SUPPLIED RECORDS:
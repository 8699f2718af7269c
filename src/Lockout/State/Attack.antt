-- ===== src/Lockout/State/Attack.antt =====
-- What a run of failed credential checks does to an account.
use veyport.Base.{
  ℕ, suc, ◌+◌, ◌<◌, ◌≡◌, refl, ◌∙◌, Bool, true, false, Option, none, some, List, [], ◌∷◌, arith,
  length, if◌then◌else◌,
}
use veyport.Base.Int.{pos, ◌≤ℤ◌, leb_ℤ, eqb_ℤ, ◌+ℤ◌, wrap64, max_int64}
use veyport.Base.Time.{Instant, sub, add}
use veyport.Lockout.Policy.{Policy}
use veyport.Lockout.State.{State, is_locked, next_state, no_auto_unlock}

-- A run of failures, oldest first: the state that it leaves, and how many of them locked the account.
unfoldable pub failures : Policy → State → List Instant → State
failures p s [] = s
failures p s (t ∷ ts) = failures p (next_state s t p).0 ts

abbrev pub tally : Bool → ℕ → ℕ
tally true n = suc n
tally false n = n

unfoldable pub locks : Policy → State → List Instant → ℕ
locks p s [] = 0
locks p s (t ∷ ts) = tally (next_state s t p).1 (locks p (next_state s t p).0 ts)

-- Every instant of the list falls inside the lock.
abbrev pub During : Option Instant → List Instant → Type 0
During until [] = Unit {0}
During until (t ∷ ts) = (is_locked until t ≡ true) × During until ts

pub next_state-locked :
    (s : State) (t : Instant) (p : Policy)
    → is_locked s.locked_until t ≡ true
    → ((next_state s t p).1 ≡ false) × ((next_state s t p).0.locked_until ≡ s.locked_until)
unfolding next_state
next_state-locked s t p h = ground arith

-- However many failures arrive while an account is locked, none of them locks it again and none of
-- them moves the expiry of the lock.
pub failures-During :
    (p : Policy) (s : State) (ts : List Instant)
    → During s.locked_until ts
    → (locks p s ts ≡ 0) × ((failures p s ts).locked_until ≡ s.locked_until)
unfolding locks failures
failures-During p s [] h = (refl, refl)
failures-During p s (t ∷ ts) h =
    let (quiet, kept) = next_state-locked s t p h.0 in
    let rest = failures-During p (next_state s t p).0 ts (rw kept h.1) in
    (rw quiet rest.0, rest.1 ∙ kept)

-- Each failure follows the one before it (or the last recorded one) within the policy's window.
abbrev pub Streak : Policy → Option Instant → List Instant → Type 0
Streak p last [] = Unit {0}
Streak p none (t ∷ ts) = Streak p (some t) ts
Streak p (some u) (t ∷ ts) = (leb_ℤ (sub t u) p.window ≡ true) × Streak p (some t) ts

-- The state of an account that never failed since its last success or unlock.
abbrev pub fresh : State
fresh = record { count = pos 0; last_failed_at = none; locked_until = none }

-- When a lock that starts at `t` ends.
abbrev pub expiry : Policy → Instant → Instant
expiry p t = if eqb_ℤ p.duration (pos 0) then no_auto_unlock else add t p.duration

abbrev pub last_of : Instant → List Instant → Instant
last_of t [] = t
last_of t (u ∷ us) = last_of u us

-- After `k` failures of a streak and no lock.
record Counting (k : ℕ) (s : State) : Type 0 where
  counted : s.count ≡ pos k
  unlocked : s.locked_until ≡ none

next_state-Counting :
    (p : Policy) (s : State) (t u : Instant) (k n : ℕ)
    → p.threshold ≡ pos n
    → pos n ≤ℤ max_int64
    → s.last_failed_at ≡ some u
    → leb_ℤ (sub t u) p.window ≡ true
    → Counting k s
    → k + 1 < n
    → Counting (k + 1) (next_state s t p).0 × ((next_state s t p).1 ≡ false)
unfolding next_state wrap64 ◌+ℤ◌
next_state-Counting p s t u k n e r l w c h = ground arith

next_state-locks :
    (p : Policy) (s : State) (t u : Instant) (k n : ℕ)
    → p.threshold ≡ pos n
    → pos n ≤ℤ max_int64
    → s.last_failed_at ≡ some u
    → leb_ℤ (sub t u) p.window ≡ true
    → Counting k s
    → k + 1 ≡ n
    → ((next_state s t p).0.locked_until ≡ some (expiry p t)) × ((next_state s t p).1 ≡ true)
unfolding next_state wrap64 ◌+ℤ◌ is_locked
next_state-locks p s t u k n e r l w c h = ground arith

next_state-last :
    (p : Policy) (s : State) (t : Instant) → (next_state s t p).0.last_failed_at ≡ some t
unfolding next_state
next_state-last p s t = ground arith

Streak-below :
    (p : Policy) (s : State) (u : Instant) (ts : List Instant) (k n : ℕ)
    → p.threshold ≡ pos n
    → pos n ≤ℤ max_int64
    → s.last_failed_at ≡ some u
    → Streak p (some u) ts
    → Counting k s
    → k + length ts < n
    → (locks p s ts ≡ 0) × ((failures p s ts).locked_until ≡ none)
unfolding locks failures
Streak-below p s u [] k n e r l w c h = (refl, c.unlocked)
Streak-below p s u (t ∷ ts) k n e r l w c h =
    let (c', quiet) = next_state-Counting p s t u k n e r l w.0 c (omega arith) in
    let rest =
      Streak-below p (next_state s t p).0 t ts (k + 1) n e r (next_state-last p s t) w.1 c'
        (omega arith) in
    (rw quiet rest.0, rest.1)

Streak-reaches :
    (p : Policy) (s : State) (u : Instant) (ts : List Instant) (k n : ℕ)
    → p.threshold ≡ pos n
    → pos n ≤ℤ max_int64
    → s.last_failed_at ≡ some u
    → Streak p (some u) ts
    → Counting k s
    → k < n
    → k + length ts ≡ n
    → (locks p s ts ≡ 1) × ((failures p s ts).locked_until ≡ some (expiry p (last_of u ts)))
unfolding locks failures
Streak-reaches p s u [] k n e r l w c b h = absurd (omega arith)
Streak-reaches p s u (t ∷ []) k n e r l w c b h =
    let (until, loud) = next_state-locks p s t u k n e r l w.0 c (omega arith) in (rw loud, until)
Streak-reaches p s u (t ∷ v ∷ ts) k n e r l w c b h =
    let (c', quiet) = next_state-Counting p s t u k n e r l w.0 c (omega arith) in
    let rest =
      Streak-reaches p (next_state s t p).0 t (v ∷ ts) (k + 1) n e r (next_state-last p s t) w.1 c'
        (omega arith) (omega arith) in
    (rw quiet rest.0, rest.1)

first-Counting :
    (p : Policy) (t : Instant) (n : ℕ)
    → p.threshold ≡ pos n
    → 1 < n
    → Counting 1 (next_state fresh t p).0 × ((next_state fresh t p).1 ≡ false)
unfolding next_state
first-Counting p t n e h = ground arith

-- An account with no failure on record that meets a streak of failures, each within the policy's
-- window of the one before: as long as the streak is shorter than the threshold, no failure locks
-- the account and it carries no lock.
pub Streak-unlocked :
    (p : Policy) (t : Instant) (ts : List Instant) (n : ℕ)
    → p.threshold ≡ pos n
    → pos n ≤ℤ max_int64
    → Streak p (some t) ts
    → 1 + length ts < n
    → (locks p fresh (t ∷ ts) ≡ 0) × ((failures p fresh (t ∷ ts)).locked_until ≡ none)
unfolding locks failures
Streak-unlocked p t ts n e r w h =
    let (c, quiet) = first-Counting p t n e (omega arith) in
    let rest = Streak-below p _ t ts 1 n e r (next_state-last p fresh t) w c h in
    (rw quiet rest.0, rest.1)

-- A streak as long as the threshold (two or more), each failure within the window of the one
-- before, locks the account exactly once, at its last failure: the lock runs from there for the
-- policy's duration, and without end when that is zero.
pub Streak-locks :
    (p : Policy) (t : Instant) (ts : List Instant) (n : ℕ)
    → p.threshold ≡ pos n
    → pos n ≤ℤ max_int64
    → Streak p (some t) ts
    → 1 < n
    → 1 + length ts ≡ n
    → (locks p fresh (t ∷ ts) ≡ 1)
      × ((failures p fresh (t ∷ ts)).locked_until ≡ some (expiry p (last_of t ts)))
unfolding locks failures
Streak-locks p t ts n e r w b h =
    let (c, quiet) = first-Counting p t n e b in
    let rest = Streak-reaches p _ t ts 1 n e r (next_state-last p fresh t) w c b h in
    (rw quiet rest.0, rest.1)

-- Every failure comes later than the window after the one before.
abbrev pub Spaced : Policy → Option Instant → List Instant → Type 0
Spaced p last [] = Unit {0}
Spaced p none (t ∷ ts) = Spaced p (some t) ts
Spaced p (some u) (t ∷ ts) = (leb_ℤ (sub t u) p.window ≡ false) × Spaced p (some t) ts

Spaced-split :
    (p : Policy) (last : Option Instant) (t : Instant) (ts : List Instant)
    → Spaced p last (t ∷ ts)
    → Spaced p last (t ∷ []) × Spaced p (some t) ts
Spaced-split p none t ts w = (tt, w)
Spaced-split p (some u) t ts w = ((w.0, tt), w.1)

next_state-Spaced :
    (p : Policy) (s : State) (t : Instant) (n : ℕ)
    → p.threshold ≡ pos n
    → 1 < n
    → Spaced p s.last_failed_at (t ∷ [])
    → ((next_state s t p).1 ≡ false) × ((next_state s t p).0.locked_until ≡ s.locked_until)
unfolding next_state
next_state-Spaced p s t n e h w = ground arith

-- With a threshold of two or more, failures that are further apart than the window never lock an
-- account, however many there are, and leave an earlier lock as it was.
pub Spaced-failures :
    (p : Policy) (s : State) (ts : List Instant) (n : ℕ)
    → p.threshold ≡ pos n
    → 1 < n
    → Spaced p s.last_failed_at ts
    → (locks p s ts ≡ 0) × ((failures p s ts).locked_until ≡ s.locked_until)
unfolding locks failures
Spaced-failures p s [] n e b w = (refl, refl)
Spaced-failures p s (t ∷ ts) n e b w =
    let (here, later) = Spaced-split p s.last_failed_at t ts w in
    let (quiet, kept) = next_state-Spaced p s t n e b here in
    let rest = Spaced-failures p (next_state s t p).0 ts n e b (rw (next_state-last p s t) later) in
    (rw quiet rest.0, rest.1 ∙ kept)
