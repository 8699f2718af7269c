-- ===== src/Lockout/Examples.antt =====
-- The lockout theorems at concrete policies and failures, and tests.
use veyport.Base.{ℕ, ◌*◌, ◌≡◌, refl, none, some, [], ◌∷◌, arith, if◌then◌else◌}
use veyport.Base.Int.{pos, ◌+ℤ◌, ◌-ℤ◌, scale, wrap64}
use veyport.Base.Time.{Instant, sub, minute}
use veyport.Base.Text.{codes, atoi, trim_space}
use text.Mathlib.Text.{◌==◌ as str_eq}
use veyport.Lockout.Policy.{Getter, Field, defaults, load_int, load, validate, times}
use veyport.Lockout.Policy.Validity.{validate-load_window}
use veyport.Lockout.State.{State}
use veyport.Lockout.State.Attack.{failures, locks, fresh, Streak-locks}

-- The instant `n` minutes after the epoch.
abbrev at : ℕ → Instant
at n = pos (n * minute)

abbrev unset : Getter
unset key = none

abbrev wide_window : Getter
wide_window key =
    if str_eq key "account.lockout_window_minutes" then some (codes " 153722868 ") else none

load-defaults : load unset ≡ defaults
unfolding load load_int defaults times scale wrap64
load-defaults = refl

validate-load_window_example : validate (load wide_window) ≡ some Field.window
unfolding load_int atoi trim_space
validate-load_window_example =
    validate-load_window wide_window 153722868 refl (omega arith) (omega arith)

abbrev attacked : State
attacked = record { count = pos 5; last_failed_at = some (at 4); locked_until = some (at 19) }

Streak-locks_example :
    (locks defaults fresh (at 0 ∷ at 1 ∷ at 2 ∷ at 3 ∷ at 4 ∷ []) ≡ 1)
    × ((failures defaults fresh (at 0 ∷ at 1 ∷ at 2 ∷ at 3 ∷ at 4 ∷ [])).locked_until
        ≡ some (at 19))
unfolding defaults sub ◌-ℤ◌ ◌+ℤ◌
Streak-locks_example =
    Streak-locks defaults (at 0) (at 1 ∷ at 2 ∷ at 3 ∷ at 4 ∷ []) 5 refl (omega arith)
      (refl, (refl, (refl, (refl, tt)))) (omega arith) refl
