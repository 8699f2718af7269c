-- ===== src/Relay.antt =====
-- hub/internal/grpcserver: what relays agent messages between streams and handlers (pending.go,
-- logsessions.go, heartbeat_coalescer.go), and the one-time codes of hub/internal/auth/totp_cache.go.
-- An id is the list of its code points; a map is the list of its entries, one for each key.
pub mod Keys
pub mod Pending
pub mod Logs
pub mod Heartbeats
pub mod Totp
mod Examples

THE PROBLEM: Could you return exactly the lines above from the line with "4 ∷ [])).locked_until" to the line with "-- hub/internal/grpcserver: what", both included, and nothing else?

RESPONSE TO THE TASK:
    × ((failures defaults fresh (at 0 ∷ at 1 ∷ at 2 ∷ at 3 ∷ at 4 ∷ [])).locked_until
        ≡ some (at 19))
unfolding defaults sub ◌-ℤ◌ ◌+ℤ◌
Streak-locks_example =
    Streak-locks defaults (at 0) (at 1 ∷ at 2 ∷ at 3 ∷ at 4 ∷ []) 5 refl (omega arith)
      (refl, (refl, (refl, (refl, tt)))) (omega arith) refl
repository 8699f2718af7269c
-- ===== src/Relay.antt =====
-- hub/internal/grpcserver: what relays agent messages between streams and handlers (pending.go,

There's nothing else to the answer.